FoodNet Canada, a program within the Public Health Agency of Canada, complied the data used for its annual report from its surveillance program. Officials collected the data in 2019. “Sentinel sites” in British Columbia, Alberta, and Ontario provided the data. The report also includes preliminary findings from Quebec for part of the year. Quebec officials did not begin the program until July 2019.

In addition to retail meats, water and manure from food producing animals, the data showed travel as a common denominator in terms of intestinal pathogen disease rates. Thirty percent of all confirmed patients were associated with travel outside of Canada.

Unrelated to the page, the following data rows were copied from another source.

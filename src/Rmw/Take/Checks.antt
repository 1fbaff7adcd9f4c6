-- ===== src/Rmw/Take/Checks.antt =====
-- Arguments that a subscription function refuses.
use rmw_iceoryx.Common.{Bool, Option, arith, err, none, refl, some, ℕ, ◌≡◌, inr}
use rmw_iceoryx.Errors.{RetCode}
use rmw_iceoryx.Subscriber.{SubscriberPort}
use rmw_iceoryx.Rmw.Ensure.{RefusesCleanly, IsCleanAt, clean_at}
use rmw_iceoryx.Rmw.Serialize.{SerializedMessage}
use rmw_iceoryx.Rmw.Take.{
  SubscriptionHandle, Caller, take_unserialized, take_serialized, rmw_take, rmw_take_with_info,
  rmw_take_loaned_message, rmw_return_loaned_message_from_subscription, rmw_take_serialized_message,
  rmw_take_loaned_message_with_info, rmw_take_sequence, rmw_take_serialized_message_with_info,
}

module _ {port : SubscriberPort} where
  take_unserialized-fails :
      (c : Caller port) (code : RetCode) → (take_unserialized c).0 ≡ err code → code ≡ RetCode.error
  unfolding take_unserialized
  take_unserialized-fails c code e = ground arith

  take_serialized-fails :
      (c : Caller port) (code : RetCode) → (take_serialized c).0 ≡ err code → code ≡ RetCode.error
  unfolding take_serialized
  take_serialized-fails c code e = ground arith

  rmw_take-RefusesCleanly :
      (h : Option SubscriptionHandle) (m t : Bool) → RefusesCleanly (rmw_take {port = port} h m t)
  unfolding rmw_take
  rmw_take-RefusesCleanly none m t c code e n = refl
  rmw_take-RefusesCleanly (some h) m t c code e n =
      ground (arith, take_unserialized-fails c code, take_serialized-fails c code)

  rmw_take_with_info-RefusesCleanly :
      (h : Option SubscriptionHandle) (m t i : Bool)
      → RefusesCleanly (rmw_take_with_info {port = port} h m t i)
  unfolding rmw_take_with_info
  rmw_take_with_info-RefusesCleanly h m t i c code e n =
      ground (arith, rmw_take-RefusesCleanly h m t c code)

  rmw_take_loaned-RefusesCleanly :
      (h : Option SubscriptionHandle) (l t : Bool)
      → RefusesCleanly (rmw_take_loaned_message {port = port} h l t)
  unfolding rmw_take_loaned_message
  rmw_take_loaned-RefusesCleanly h l t c code e n = ground arith

  rmw_return-RefusesCleanly :
      (h : Option SubscriptionHandle) (p : Option ℕ)
      → RefusesCleanly (rmw_return_loaned_message_from_subscription {port = port} h p)
  unfolding rmw_return_loaned_message_from_subscription
  rmw_return-RefusesCleanly h p c code e n = ground arith

  rmw_take_serialized-RefusesCleanly :
      (resize : SerializedMessage → ℕ → Option SerializedMessage) (h : Option SubscriptionHandle)
      (m t : Bool)
      → RefusesCleanly (rmw_take_serialized_message {port = port} resize h m t)
  unfolding rmw_take_serialized_message
  rmw_take_serialized-RefusesCleanly resize h m t c code e n = ground arith

  rmw_take_loaned_with_info-RefusesCleanly :
      (h : Option SubscriptionHandle) (l t : Bool)
      → RefusesCleanly (rmw_take_loaned_message_with_info {port = port} h l t)
  unfolding rmw_take_loaned_message_with_info
  rmw_take_loaned_with_info-RefusesCleanly h l t c code e n =
      ground (arith, rmw_take_loaned-RefusesCleanly h l t c code)

  rmw_take_sequence_self :
      (h : Option SubscriptionHandle) (count : ℕ) (messages infos : Option ℕ) (t : Bool)
      (c : Caller port)
      → (rmw_take_sequence h count messages infos t c).1 ≡ c
  unfolding rmw_take_sequence
  rmw_take_sequence_self h count messages infos t c = ground arith

  rmw_take_serialized_with_info_self :
      (h : Option SubscriptionHandle) (m t i : Bool) (c : Caller port)
      → (rmw_take_serialized_message_with_info h m t i c).1 ≡ c
  unfolding rmw_take_serialized_message_with_info
  rmw_take_serialized_with_info_self h m t i c = ground arith

  -- Whatever the arguments, rmw_take, rmw_take_sequence, rmw_take_loaned_message,
  -- rmw_take_serialized_message, each of their variants with info, and the return of a loaned
  -- message, if they fail with a code other than RMW_RET_ERROR, leave the subscriber, its loans,
  -- the middleware and the memory of the caller as before.
  pub subscription_functions_clean :
      (h : Option SubscriptionHandle) (m t i l : Bool) (p : Option ℕ)
      (resize : SerializedMessage → ℕ → Option SerializedMessage) (count : ℕ)
      (messages infos : Option ℕ) (c : Caller port)
      → IsCleanAt c (rmw_take h m t c)
        × IsCleanAt c (rmw_take_with_info h m t i c)
        × IsCleanAt c (rmw_take_sequence h count messages infos t c)
        × IsCleanAt c (rmw_take_loaned_message h l t c)
        × IsCleanAt c (rmw_take_loaned_message_with_info h l t c)
        × IsCleanAt c (rmw_return_loaned_message_from_subscription h p c)
        × IsCleanAt c (rmw_take_serialized_message resize h m t c)
        × IsCleanAt c (rmw_take_serialized_message_with_info h m t i c)
  subscription_functions_clean h m t i l p resize count messages infos c = (
    clean_at (rmw_take h m t) c (rmw_take-RefusesCleanly h m t),
    clean_at (rmw_take_with_info h m t i) c (rmw_take_with_info-RefusesCleanly h m t i),
    inr (rmw_take_sequence_self h count messages infos t c),
    clean_at (rmw_take_loaned_message h l t) c (rmw_take_loaned-RefusesCleanly h l t),
    clean_at (rmw_take_loaned_message_with_info h l t) c
        (rmw_take_loaned_with_info-RefusesCleanly h l t),
    clean_at (rmw_return_loaned_message_from_subscription h p) c (rmw_return-RefusesCleanly h p),
    clean_at (rmw_take_serialized_message resize h m t) c
        (rmw_take_serialized-RefusesCleanly resize h m t),
    inr (rmw_take_serialized_with_info_self h m t i c),
  )
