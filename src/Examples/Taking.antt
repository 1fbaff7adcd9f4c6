-- ===== src/Examples/Taking.antt =====
-- Runs of the subscriber.
use rmw_iceoryx.Rmw.Take.Outcomes.{rmw_take-Takes, Takes}
use rmw_iceoryx.Registry
use rmw_iceoryx.Rmw.Take.Messages.{DeliversFresh, at_world}
use rmw_iceoryx.Subscriber.{Session, take_loan, return_loan}
use rmw_iceoryx.Rmw.Ensure.{rmw_iox2_identifier, IsCleanAt}
use rmw_iceoryx.Rmw.Serialize.{SerializedMessage, rmw_deserialize}
use rmw_iceoryx.Rmw.Take.{
  SubscriptionHandle, Caller, rmw_take, rmw_take_with_info, rmw_take_loaned_message,
  rmw_return_loaned_message_from_subscription, rmw_take_serialized_message, rmw_take_sequence,
  rmw_take_loaned_message_with_info, rmw_take_serialized_message_with_info, take_serialized,
}
use rmw_iceoryx.Rmw.Take.Checks.{subscription_functions_clean}
use rmw_iceoryx.Examples.Ports.{subscriber_port, byte_support}
use rmw_iceoryx.Common.{
  Bool, Option, [], false, none, ok, refl, replicate, some, true, ℕ, ◌∷◌, ◌≡◌, ◌↔◌,
}

abbrev pub own_subscription : Bool → SubscriptionHandle
own_subscription can_loan = record {
  implementation_identifier = rmw_iox2_identifier;
  impl = some 1;
  topic_name = some 2;
  can_loan_messages = can_loan;
}

-- One sample of two bytes is waiting.
abbrev waiting : Session subscriber_port
waiting = record {
  self = record {
    topic = [];
    typesupport = byte_support;
    service_name = [];
    registry = Registry.empty;
  };
  world = (7, 5 ∷ 6 ∷ []) ∷ [];
}

abbrev pub caller : Caller subscriber_port
caller = record {
  session = waiting;
  ros_message = 0;
  taken = false;
  loaned_message = none;
  serialized_message = record { buffer = 0 ∷ []; buffer_length = 0 };
}

caller-DeliversFresh : DeliversFresh caller.session
unfolding Registry.retrieve Registry.find
caller-DeliversFresh sample e = refl

abbrev loaning : Option SubscriptionHandle
loaning = some (own_subscription true)

subscription_functions_clean_example :
    IsCleanAt caller (rmw_take loaning false true caller)
    × IsCleanAt caller (rmw_take_with_info loaning false true true caller)
    × IsCleanAt caller (rmw_take_sequence loaning 1 (some 1) (some 0) true caller)
    × IsCleanAt caller (rmw_take_loaned_message loaning false true caller)
    × IsCleanAt caller (rmw_take_loaned_message_with_info loaning false true caller)
    × IsCleanAt caller (rmw_return_loaned_message_from_subscription loaning (some 7) caller)
    × IsCleanAt caller (rmw_take_serialized_message (λ m n. none) loaning false true caller)
    × IsCleanAt caller (rmw_take_serialized_message_with_info loaning false true true caller)
subscription_functions_clean_example =
    subscription_functions_clean loaning false true true false (some 7) (λ m n. none) 1 (some 1)
      (some 0) caller

-- The message is deserialized from the sample that is waiting.
abbrev five_taken : Caller subscriber_port
five_taken = record (at_world caller []) { ros_message = 5; taken = true }

rmw_take-Takes_example :
    (rmw_take (some (own_subscription false)) true true caller ≡ (ok tt, five_taken))
    ↔ Takes caller five_taken (some (own_subscription false)) true true
rmw_take-Takes_example =
    rmw_take-Takes (some (own_subscription false)) true true caller five_taken caller-DeliversFresh

-- And the take has this outcome.
takes_five : rmw_take (some (own_subscription false)) true true caller ≡ (ok tt, five_taken)
unfolding rmw_take take_serialized take_loan return_loan Registry.retrieve Registry.find
    Registry.erase Registry.emplace Registry.store Registry.release rmw_deserialize
takes_five = refl

-- The resize of rcutils: it keeps the bytes that fit, and the length in use if it still fits.
abbrev resized : SerializedMessage → ℕ → Option SerializedMessage
resized m n = some (record { buffer = replicate n 0; buffer_length = m.buffer_length })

The report focuses on trends in intestinal pathogen disease rates, as well as trends in the prevalence of these pathogens found on the three potential disease sources.

Other key findings

  • Sources such as farm environments and water can be responsible for infections, with differences noted between the sites. For example, Salmonella is commonly found in broiler chicken manure, however, the prevalence significantly increased in British Columbia but significantly decreased in the Alberta site in 2019. This resulted in an overall significant decrease in the combined sites, according to the report.
  • The majority of clinical cases of shigatoxigenic E. coli (STEC) were domestically acquired in 2019. There was a significant increase in both travel and endemic incidence rates, primarily driven by the Alberta sentinel site where all STEC-confirmed stool samples for non-O157 serogroups are tested.
  • In 2019, surface water sampling was initiated for the first time in the Ontario site for STEC testing. The prevalence of STEC in that site, at 27 percent, was similar to the combined British Columbia and Alberta irrigation water prevalence in 2019, which was 28 percent.

“Continued monitoring of human illness and the potential exposures is important to ensure the continued health and safety of Canadians. “The collection and integration of information across all of FoodNet Canada surveillance components — human, retail, on-farm, and water — in an enhanced and standardized way allows for the analysis of subtype distributions among human cases and potential exposure sources over time,” according to the report’s authors. 

“This report will be followed by a comprehensive annual report, which will include more extensive analyses of temporal trends and subtyping information for an integrated perspective on enteric disease from exposure to illness.”